Having witnessed the destructive power of typhoons, Janet realised the importance of DRRM and is dedicated to sharing the knowledge with parents and the communities.

Knowing that it was also important to promote safety to the community, Janet regularly invited the community leaders and representatives to join hazard drills and DRRM camps which ensured they are all well-prepared for disasters.

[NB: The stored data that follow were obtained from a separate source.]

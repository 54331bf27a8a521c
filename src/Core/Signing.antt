-- ===== src/Core/Signing.antt =====
-- crates/keymesh-core/src/signing/mod.rs: domain-separated messages, and the mock signing service.
pub mod Domains
pub mod Tss
use key_mesh.Prelude.{ℕ, List, [], ◌∷◌, ◌++◌}
use key_mesh.Prelude.Text.{Str, text}
use key_mesh.Prelude.Outcome.{Result}
use key_mesh.Core.Errors.{KeymeshError}
use key_mesh.Core.Crypto.{CryptoProvider, SignatureBytes, PrivateKeyBytes, mock_crypto_provider}

pub data SigningDomain : Type 0 where
  transaction_authorization recovery_approval device_registration : SigningDomain

unfoldable pub as_bytes : SigningDomain → Str
as_bytes transaction_authorization = text "KEYMESH/tx-auth/v1"
as_bytes recovery_approval = text "KEYMESH/recovery/v1"
as_bytes device_registration = text "KEYMESH/device-reg/v1"

-- The trait: one method.
pub record SigningService : Type 0 where
  pub sign_message : PrivateKeyBytes → SigningDomain → List ℕ → Result SignatureBytes KeymeshError

-- The tag of the domain, a zero byte and the payload.
unfoldable pub composite : SigningDomain → List ℕ → List ℕ
composite domain payload = as_bytes domain ++ (0x00 ∷ payload)

unfoldable pub mock_sign_message :
    PrivateKeyBytes → SigningDomain → List ℕ → Result SignatureBytes KeymeshError
mock_sign_message key domain payload = mock_crypto_provider.sign key (composite domain payload)

unfoldable pub mock_signing_service : SigningService
unfolding mock_sign_message
mock_signing_service = record { sign_message = mock_sign_message }
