-- ===== src/Util/Ssh/Loop.antt =====
-- When `Forward` and `RemoteForward` of pkg/util/ssh.go return.
use k8s_ext_connector.Prelude.{
  Text, Option, List, ℕ, zero, suc, true, none, some, ◌≡◌, ◌≢◌, refl, arith,
}
use k8s_ext_connector.Exec.{Result, ok, err}
use k8s_ext_connector.Forwarder.Tunnels.{Tunnel}
use k8s_ext_connector.Util.Ssh.{
  Handle, TcpAddr, Net, Running, defer_close, serve_local, forward_loop, forward,
  remote_forward_loop, forward_addrs, forward_listen, forward_dialed,
}

module _ {W : Type 0} (net : Net W) where
  forward_loop-ne-nil :
      (rounds : ℕ) (cli lnr : Handle) (laddr raddr : TcpAddr) (w : W)
      → (forward_loop net rounds cli lnr laddr raddr w).0 ≢ some (ok tt)
  unfolding forward_loop
  forward_loop-ne-nil zero cli lnr laddr raddr w = λ h. cc h
  forward_loop-ne-nil (suc rounds) cli lnr laddr raddr w =
      let w₁ = (net.is_done w).1 in
      ground (
        arith,
        forward_loop-ne-nil rounds cli lnr laddr raddr w₁,
        forward_loop-ne-nil rounds cli lnr laddr raddr
            (serve_local net cli laddr raddr (net.accept lnr w₁)).1,
      )

  -- A deferred close leaves the outcome as it is.
  defer_close-ne-nil :
      (h : Handle) (r : Running net) → r.0 ≢ some (ok tt) → (defer_close net h r).0 ≢ some (ok tt)
  defer_close-ne-nil h (none, w) e = e
  defer_close-ne-nil h (some r, w) e = e

  -- Where a context that is done stays done, the loops go on.
  module _ (IsCancelled : W → Type 0)
      (stays : (w : W)
        → IsCancelled w
        → ((net.is_done w).0 ≡ true) × IsCancelled (net.is_done w).1) where
    forward_loop-none :
        (rounds : ℕ) (cli lnr : Handle) (laddr raddr : TcpAddr) (w : W)
        → IsCancelled w
        → (forward_loop net rounds cli lnr laddr raddr w).0 ≡ none
    unfolding forward_loop
    forward_loop-none zero cli lnr laddr raddr w h = refl
    forward_loop-none (suc rounds) cli lnr laddr raddr w h =
        let (done, still) = stays w h in
        rw done (forward_loop-none rounds cli lnr laddr raddr (net.is_done w).1 still)

    remote_forward_loop-none :
        (rounds : ℕ) (t : Tunnel) (lnr : Handle) (w : W)
        → IsCancelled w
        → (remote_forward_loop net rounds t lnr w).0 ≡ none
    unfolding remote_forward_loop
    remote_forward_loop-none zero t lnr w h = refl
    remote_forward_loop-none (suc rounds) t lnr w h =
        let (done, still) = stays w h in
        rw done (remote_forward_loop-none rounds t lnr (net.is_done w).1 still)

  -- Once the tunnel's context is done for good, which `Cancel()` brings about, neither the loop of
  -- `Forward` nor that of `RemoteForward` returns after any number of rounds, so their listeners are
  -- not closed.
  pub forward_loop_cancelled :
      (IsCancelled : W → Type 0)
      → ((w : W) → IsCancelled w → ((net.is_done w).0 ≡ true) × IsCancelled (net.is_done w).1)
      → (rounds : ℕ) (t : Tunnel) (cli lnr : Handle) (laddr raddr : TcpAddr) (w : W) → IsCancelled w
      → ((forward_loop net rounds cli lnr laddr raddr w).0 ≡ none)
        × ((remote_forward_loop net rounds t lnr w).0 ≡ none)
  forward_loop_cancelled P stays rounds t cli lnr laddr raddr w h = (
    forward_loop-none P stays rounds cli lnr laddr raddr w h,
    remote_forward_loop-none P stays rounds t lnr w h,
  )

module _ {W : Type 0} (net : Net W) (parse_ipv6 : Text → Option (List ℕ)) where
  forward_addrs-ne-nil :
      (rounds : ℕ) (t : Tunnel) (cli lnr : Handle) (w : W)
      → (forward_addrs net parse_ipv6 rounds t cli lnr w).0 ≢ some (ok tt)
  unfolding forward_addrs
  forward_addrs-ne-nil rounds t cli lnr w = grind (arith, forward_loop-ne-nil net)

  forward_listen-ne-nil :
      (rounds : ℕ) (t : Tunnel) (cli : Handle) (r : Result Handle × W)
      → (forward_listen net parse_ipv6 rounds t cli r).0 ≢ some (ok tt)
  unfolding forward_listen
  forward_listen-ne-nil rounds t cli (err e, w) = λ h. cc h
  forward_listen-ne-nil rounds t cli (ok lnr, w) =
      defer_close-ne-nil net lnr _ (forward_addrs-ne-nil rounds t cli lnr w)

  forward_dialed-ne-nil :
      (rounds : ℕ) (t : Tunnel) (r : Result Handle × W)
      → (forward_dialed net parse_ipv6 rounds t r).0 ≢ some (ok tt)
  unfolding forward_dialed
  forward_dialed-ne-nil rounds t (err e, w) = λ h. cc h
  forward_dialed-ne-nil rounds t (ok cli, w) =
      defer_close-ne-nil net cli _
        (forward_listen-ne-nil rounds t cli (net.listen t.local_endpoint w))

  -- `Forward` never returns nil, however many rounds its loop makes: it ends with an error, or it
  -- goes on.
  pub forward-ne-nil :
      (rounds : ℕ) (t : Tunnel) (w : W) → (forward net parse_ipv6 rounds t w).0 ≢ some (ok tt)
  unfolding forward
  forward-ne-nil rounds t w = forward_dialed-ne-nil rounds t (net.ssh_dial t.server_endpoint w)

“Becoming the DRRM Coordinator pushed me to learn and grow, most importantly, I got a chance to protect my students and contribute to the community.” Janet shared.

The “Safe Schools” Programme has been implemented in the Philippines in areas like Samar, National Capital Region and Bangsamoro Autonomous Region in Muslim Mindanao for many years. Until now, a total of 12,000 children have benefitted and they have learnt more about how to minimise disaster risks and potential dangers.

Innovative Disaster Management Helps Create Safe Schools

Thailand is heavily influenced by monsoons and typhoons, the need to formulate disaster management is Plan International’s priority.

Since the start of the “Safe Schools” Programme, over 10,000 students’ lives are protected and they were able to continue studying. Some of the schools in Chiang Rai carry out regular drills to raise students’ and teachers’ awareness on hazard risks. In STEM and science classes, teachers introduce disaster risk reduction skills to students to train their abilities to identify and solve problems effectively and with creativity. During each semester, they will also conduct risk assessments for all buildings and surrounding areas to minimise possible damages and impacts.

Equal participation between girls and boys is also emphasized as girls could also create innovative works comparable to boys. Finally, to further promote disaster management across the country, support from the community and government is indispensable. It is hoped that disaster management will be incorporated into the school curriculum to protect the students’ safety.

Students hand-made the 3D map which made learning disaster management more effective.

Mr Marc Fancy, the Executive Director of Prudence Foundation supported Plan International’s works in Thailand, hoping to extend the Programme across the country and look for more partnerships with the community and the government.

Students learnt more about disasters and related knowledge through classes.